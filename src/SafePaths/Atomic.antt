-- ===== src/SafePaths/Atomic.antt =====
-- The states of a private file while it is written.
use nautilus_acornfs.Prelude.{
  suc, ◌≡◌, ◌⊎◌, ◌∙◌, refl, ap, inl, inr, ◌||◌, Option, none, some, [], arith, Bool-cases,
}
use nautilus_acornfs.Prelude.Text.{Text, Bytes}
use nautilus_acornfs.Prelude.Result.{Result, ok, err}
use nautilus_acornfs.Prelude.Exec.{continue, modify, ◌>>◌, then-ok, bind-step}
use nautilus_acornfs.SafePaths.{
  Written, Host, Directory, write_all, perform, after_write, publish, replace_with, removed,
  cleaned, attempted, is_death, is_absent, is_unsafe_name, atomic_write_private_text,
}
use nautilus_acornfs.SafePaths.Progress.{write_all-eq}

abbrev pub IsOldOrNew : Option Bytes → Bytes → Directory → Type 0
IsOldOrNew old content t = (t.target ≡ old) ⊎ (t.target ≡ some content)

-- A writing that returns has put the new content in place; one that raises has left the old or the new.
abbrev pub IsAtomic : Option Bytes → Bytes → Result (Unit {0}) × Directory → Type 0
IsAtomic old content (ok done, t) = (t.target ≡ some content) × (t.temporary ≡ none)
IsAtomic old content (err error, t) = IsOldOrNew old content t

module _ (h : Host) where
  publish-keeps :
      (content : Bytes) (s : Directory)
      → s.temporary ≡ some content
      → IsOldOrNew s.target content (publish h s).1
  unfolding publish
  publish-keeps content s e = ground arith

  publish-ok :
      (content : Bytes) (s : Directory)
      → s.temporary ≡ some content
      → (publish h s).0 ≡ ok tt
      → ((publish h s).1.target ≡ some content) × ((publish h s).1.temporary ≡ none)
  unfolding publish
  publish-ok content s e returned = ground arith

  after_write-keeps : (w : Written) (s : Directory) → (after_write h w s).1.target ≡ s.target
  after_write-keeps none s = refl
  after_write-keeps (some (r, written)) s = refl

  after_write-ok :
      (content : Bytes) (w : Written) (s : Directory)
      → ((out : Bytes) → w ≡ some (ok tt, out) → out ≡ content)
      → (after_write h w s).0 ≡ ok tt
      → (after_write h w s).1.temporary ≡ some content
  after_write-ok content none s all returned = absurd (cc returned)
  after_write-ok content (some (ok done, out)) s all returned = ap (λ x. some x) (all out refl)
  after_write-ok content (some (err error, out)) s all returned = absurd (cc returned)

  replace_with-IsOldOrNew :
      (content : Bytes) (s : Directory) → IsOldOrNew s.target content (replace_with h content s).1
  unfolding replace_with
  replace_with-IsOldOrNew content s =
      let w = write_all h.write h.fuel 0 content [] in
      let P = IsOldOrNew s.target content in
      let t : Directory = record (perform h s).1 { temporary = some [] } in
      let u : Directory = (after_write h w t).1 in
      let kept : u.target ≡ s.target = after_write-keeps w t in
      bind-step P (perform h)
        (λ _. modify (λ s. record s { temporary = some [] }) >> (after_write h w >> publish h)) s
        (inl refl)
        (λ _ _.
          bind-step P (after_write h w) (λ _. publish h) t (inl kept)
            (λ _ returned. move u kept (
              publish-keeps content u (
                after_write-ok content w t (λ out. write_all-eq h.write h.fuel 0 content [] out)
                  returned))))
    where
      move :
          (u : Directory)
          → u.target ≡ s.target
          → IsOldOrNew u.target content (publish h u).1
          → IsOldOrNew s.target content (publish h u).1
      move u e (inl k) = inl (k ∙ e)
      move u e (inr k) = inr k

  replace_with-ok :
      (content : Bytes) (s : Directory)
      → (replace_with h content s).0 ≡ ok tt
      → ((replace_with h content s).1.target ≡ some content)
        × ((replace_with h content s).1.temporary ≡ none)
  unfolding replace_with
  replace_with-ok content s returned =
      let w = write_all h.write h.fuel 0 content [] in
      let t : Directory = record (perform h s).1 { temporary = some [] } in
      let (_, h1, e1) =
        then-ok (perform h)
          (modify (λ s. record s { temporary = some [] }) >> (after_write h w >> publish h)) s tt
          returned in
      let (wrote, h2, e2) = then-ok (after_write h w) (publish h) t tt h1 in
      let u : Directory = (after_write h w t).1 in
      let (target, gone) =
        publish-ok content u
          (after_write-ok content w t (λ out. write_all-eq h.write h.fuel 0 content [] out) wrote)
          h2 in
      (
        ap (λ (x : Directory). x.target) (e1 ∙ e2) ∙ target,
        ap (λ (x : Directory). x.temporary) (e1 ∙ e2) ∙ gone,
      )

  removed-target : (r : Result (Unit {0})) (s : Directory) → (removed h r s).target ≡ s.target
  removed-target (ok done) s = refl
  removed-target (err error) s = refl

  cleaned-IsAtomic :
      (old : Option Bytes) (content : Bytes) (r : Result (Unit {0})) (s : Directory)
      → IsOldOrNew old content s
      → (r ≡ ok tt → (s.target ≡ some content) × (s.temporary ≡ none))
      → IsAtomic old content (cleaned h r s)
  cleaned-IsAtomic old content (ok done) s k good = good refl
  cleaned-IsAtomic old content (err error) s k good =
      elim (Bool-cases (is_death error || is_absent h s.temporary)) [
        | inl p ↦ rw p k
        | inr p ↦ rw p (rw (removed-target (h.answer s.made) (perform h s).1) k)
      ]

  -- At whichever call the writing stops, by an exception or by the death of the process, the file has its old
  -- content or the whole new one; where the writing returns, it has the new one, and no temporary file is left.
  pub atomic_write_private_text-IsAtomic :
      (name : Text) (content : Bytes) (s : Directory)
      → IsAtomic s.target content (atomic_write_private_text h name content s)
  unfolding atomic_write_private_text
  atomic_write_private_text-IsAtomic name content s = elim (Bool-cases (is_unsafe_name name)) [
    | inl p ↦ rw p (inl refl)
    | inr p ↦ rw p (opened (h.answer s.made))
  ]
    where
      opened :
          (r : Result (Unit {0}))
          → IsAtomic s.target content (
              continue r
                (λ _. attempted h (replace_with h content))
                (record s { made = suc s.made }))
      opened (ok done) =
          cleaned-IsAtomic s.target content
            (replace_with h content (record s { made = suc s.made })).0
            (replace_with h content (record s { made = suc s.made })).1
            (replace_with-IsOldOrNew content (record s { made = suc s.made }))
            (replace_with-ok content (record s { made = suc s.made }))
      opened (err error) = inl refl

########

Using the entries above, return exactly the lines from the line with "old content s" to the line with "cleaned-IsAtomic s.target content", counting both of those lines.

      → IsOldOrNew old content s
      → (r ≡ ok tt → (s.target ≡ some content) × (s.temporary ≡ none))
      → IsAtomic old content (cleaned h r s)
  cleaned-IsAtomic old content (ok done) s k good = good refl
  cleaned-IsAtomic old content (err error) s k good =
      elim (Bool-cases (is_death error || is_absent h s.temporary)) [
        | inl p ↦ rw p k
        | inr p ↦ rw p (rw (removed-target (h.answer s.made) (perform h s).1) k)
      ]

  -- At whichever call the writing stops, by an exception or by the death of the process, the file has its old
  -- content or the whole new one; where the writing returns, it has the new one, and no temporary file is left.
  pub atomic_write_private_text-IsAtomic :
      (name : Text) (content : Bytes) (s : Directory)
      → IsAtomic s.target content (atomic_write_private_text h name content s)
  unfolding atomic_write_private_text
  atomic_write_private_text-IsAtomic name content s = elim (Bool-cases (is_unsafe_name name)) [
    | inl p ↦ rw p (inl refl)
    | inr p ↦ rw p (opened (h.answer s.made))
  ]
    where
      opened :
          (r : Result (Unit {0}))
          → IsAtomic s.target content (
              continue r
                (λ _. attempted h (replace_with h content))
                (record s { made = suc s.made }))
      opened (ok done) =
          cleaned-IsAtomic s.target content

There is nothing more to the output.